In the move to a digital world it is easy to overlook that a huge percentage of customer communication is still through traditional mail and fax – so called white mail. This is particularly true in industries such as banking and insurance where legal requirements mean documents need to be signed and returned. And in many cases customers feel more secure having signed and posted a document rather than sending an email.

This means that once these documents reach the contact centre they have to be automatically scanned, stored and made available to agents answering phone and email queries.  This integration can be a major headache for organisations, who need to put in place an overall strategy that incorporates these channels into customer service, ensuring it doesn’t become an expensive, standalone silo for information.
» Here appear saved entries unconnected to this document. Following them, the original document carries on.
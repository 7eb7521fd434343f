-- ===== src/Auth/Locks.antt =====
-- `AuthEngine.get_locks_for_location` of auth_engine.py.
pub mod Resolution
use hassio_access_control.Prelude.{
  ℕ, String, Bool, true, false, not, ◌&&◌, Option, none, some, List, [], ◌∷◌, ◌++◌, any, keep, map,
  ◌==◌, if◌then◌else◌, str_eq,
}
use hassio_access_control.Auth.Database.{Answer, value, raised, Lock, Database}

-- `lock["id"] in seen_ids`; `seen_ids` holds the ids of the list
abbrev pub seen : ℕ → List Lock → Bool
seen id locks = any (λ l. l.id == id) locks

-- one loop over the locks of a query
unfoldable pub add_locks : List Lock → List Lock → List Lock
add_locks locks [] = locks
add_locks locks (l ∷ found) =
    add_locks (if not l.hidden && not (seen l.id locks) then locks ++ l ∷ [] else locks) found

-- `protect_device_ids`: the location, and the cameras mapped to it; none of those when the map raises.
-- Python does not fix the order of this set: here the location comes first.
unfoldable pub protect_device_ids : String → Answer (List (String × String)) → List String
protect_device_ids location_id raised = location_id ∷ []
protect_device_ids location_id (value cameras) =
    location_id
    ∷ map (λ c. c.0) (keep (λ c. str_eq c.1 location_id && not (str_eq c.0 location_id)) cameras)

-- the loop over the cameras, each of which is a query
unfoldable pub add_cameras : Database → List Lock → List String → Answer (List Lock)
add_cameras db locks [] = value locks
add_cameras db locks (device_id ∷ ids) =
    elim (db.get_locks_by_entry_device "protect_doorbell" device_id) [
      | raised ↦ raised
      | value found ↦ add_cameras db (add_locks locks found) ids
    ]

add_readers : Database → Answer (List (String × String)) → String → List Lock → Answer (List Lock)
add_readers db cameras location_id locks =
    elim (db.get_locks_by_entry_device "access_reader" location_id) [
      | raised ↦ raised
      | value found ↦
          add_cameras db (add_locks locks found) (protect_device_ids location_id cameras)
    ]

-- `cameras` is what the camera map's getter returns: no getter is the empty map
unfoldable pub get_locks_for_location :
    Database → Answer (List (String × String)) → String → Answer (List Lock)
unfolding add_readers
get_locks_for_location db cameras location_id = elim (db.get_locks_for_location location_id) [
  | raised ↦ raised
  | value native ↦ add_readers db cameras location_id (keep (λ l. not l.hidden) native)
]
What is needed is a multi-channel strategy that has advanced workflow at its core. This means that whatever channel the customer uses to communicate with you the query is automatically added to the system, forwarded to the right agent or department and answered using the best channel for that enquiry.

A great example of where this works well is Eptica client Ageas Insurance Solutions, who currently insure more than 1 million UK customers. AIS’s award-winning eStream project has transformed customer service for the company, reducing calls by 23 per cent and achieving Return on Investment (ROI) within 6 months.

A key part of eStream focuses on white mail. Letters and faxes are now digitally integrated with all web-based enquiries and managed through Eptica’s multichannel workflow with automatic distribution of correspondence and tasks to the appropriate administration area.

As Ray Westwick, Head of Call Centre, Ageas Insurance Solutions UK points out, “By digitally managing correspondence we’ve been able to minimise processing time and costs, and ensured that every communication is automatically recorded and tracked. Eptica’s technology has helped us to improve efficiency, enhance the experience for our customers and differentiate on price and service in today’s hyper competitive climate.”